Metz-Frescaty Air Base (Base aérienne 128 Metz-Frescaty) was a front-line French Air Force Armée de l'Air (ALA) base. The base is located approximately 5 mi south-southwest of Metz (Département de la Moselle, Lorraine), about 174 mi east of Paris.

A military restructuring plan announced in July 2008 was to close BA 128 in 2011, and place it in reserve status (Base Interarmes).

==Major units assigned==
Metz-Frescaty was primarily a command and control base.

- Staff of the Combat Air Force (FAC).
- 54th Air Intelligence Wing.
- Center for Mobile Detection and Control.
- Telecommunications Group.
- Combined Transport Squadron 1/40 "Moselle". (Eurocopter AS355; SOCATA TBM)
- Escadron électronique aéroporté 1/54 Dunkerque C-160 Transall "Gabriel" ELINT aircraft
- Company regional infrastructure.

==History==

===Origins===
Following the defeat of France in the 1871 Franco-Prussian War, Metz and much of the Moselle were annexed by Germany as part of the Treaty of Frankfurt, and Metz became a "Garrison City" of the Imperial German Army (Reichsheer). In the early 20th century, the German army began building a Zeppelin field to the south-west of the city, at the present site of the airfield.

===World War I===
During World War I, in addition to the Zeppelins, the Luftstreitkräfte (Imperial German Army Air Service) began stationing aircraft at the airfield, which were later used in combat over the Western Front during the war. It became the target of French and British aircraft later in the war, starting about 1915 with the development of bomber and fighter combat aircraft. It also was the target for long-range artillery attacks.
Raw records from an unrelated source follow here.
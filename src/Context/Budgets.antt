-- ===== src/Context/Budgets.antt =====
-- What deriving a context keeps and what it changes.
use production_ready_url_sho.Common.{ℕ, ◌≤◌, String, Bool, ◌≡◌, Option, none, some, arith}
use production_ready_url_sho.Context.{
  Ctx, with_timeout, with_client_ip, get_client_ip, with_circuit_open, is_circuit_open,
}

-- A budget within a bound.
abbrev pub Within : ℕ → Option ℕ → Type 0
Within d none = ⊥
Within d (some b) = b ≤ d

-- Whatever limit is added, the budget stays within the new limit and within every old one, and
-- the values under the keys stay.
pub with_timeout_lem :
    (ctx : Ctx) (d : ℕ)
    → Within d (with_timeout ctx d).budget
      × ((b : ℕ) → ctx.budget ≡ some b → Within b (with_timeout ctx d).budget)
      × (get_client_ip (with_timeout ctx d) ≡ get_client_ip ctx)
      × (is_circuit_open (with_timeout ctx d) ≡ is_circuit_open ctx)
unfolding with_timeout get_client_ip is_circuit_open
with_timeout_lem ctx d = (ground arith, λ b h. ground arith, ground arith, ground arith)

-- The two keys do not interfere: each value is read back whatever is stored under the other, and
-- what is read under a key that was not written is the old value.
pub keys_independent :
    (ctx : Ctx) (ip : String) (b : Bool)
    → (get_client_ip (with_circuit_open (with_client_ip ctx ip) b) ≡ ip)
      × (is_circuit_open (with_client_ip (with_circuit_open ctx b) ip) ≡ b)
      × (get_client_ip (with_circuit_open ctx b) ≡ get_client_ip ctx)
      × (is_circuit_open (with_client_ip ctx ip) ≡ is_circuit_open ctx)
unfolding with_client_ip get_client_ip with_circuit_open is_circuit_open
keys_independent ctx ip b = (ground arith, ground arith, ground arith, ground arith)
Following the armistice with Germany ending the war, the French army entered Metz in November 1918, and the airfield came under the control of the French Air Force (Aéronautique Militaire).

===Between the wars===
In 1919, the first French Air Force units moved into Frescaty Air Base, when Bombardment Group No. 1 moved in from Landau in the occupied German Rhineland-Palatinate. On 1 August 1920, the unit was redesignated as the 11th Aviation Bombardment Regiment (11th RAB). In 1927, the 3d Group of the 12th Aviation Regiment was also assigned, moving from Neustadt an der Weinstraße, also in the Occupied Rhineland.

On 31 May 1934, Frescaty Air Base received the designation of base aérienne 111 (BA 111). The 11th Wing Frescaty left in 1936 and settled in Toulouse. Two years later, the transition from GB I/38 and II/38 on Amiot 143, causes the change in mission of the 38th Wing, which became the 38th Bombardment Wing in March 1939. By the following June 38 EB is reassigned to French North Africa.

===Phony War and the Battle of France===
At the outbreak of World War II on 3 September 1939, the CAG 506 and GR II/22 (flying Bloch MB.131 reconnaissance-bombers and Potez 630 heavy twin-engined fighters) were present at Frescaty.

Frescaty Air Base was bombed by the Luftwaffe on 10 May 1940 on the first day of the German attack in the West. After the Second Battle of Sedan (12–15 May 1940), GR II/22 was replaced by GR I/22. Frescaty Air Base was again attacked on 14 June, and was seized by the Wehrmacht shortly afterward.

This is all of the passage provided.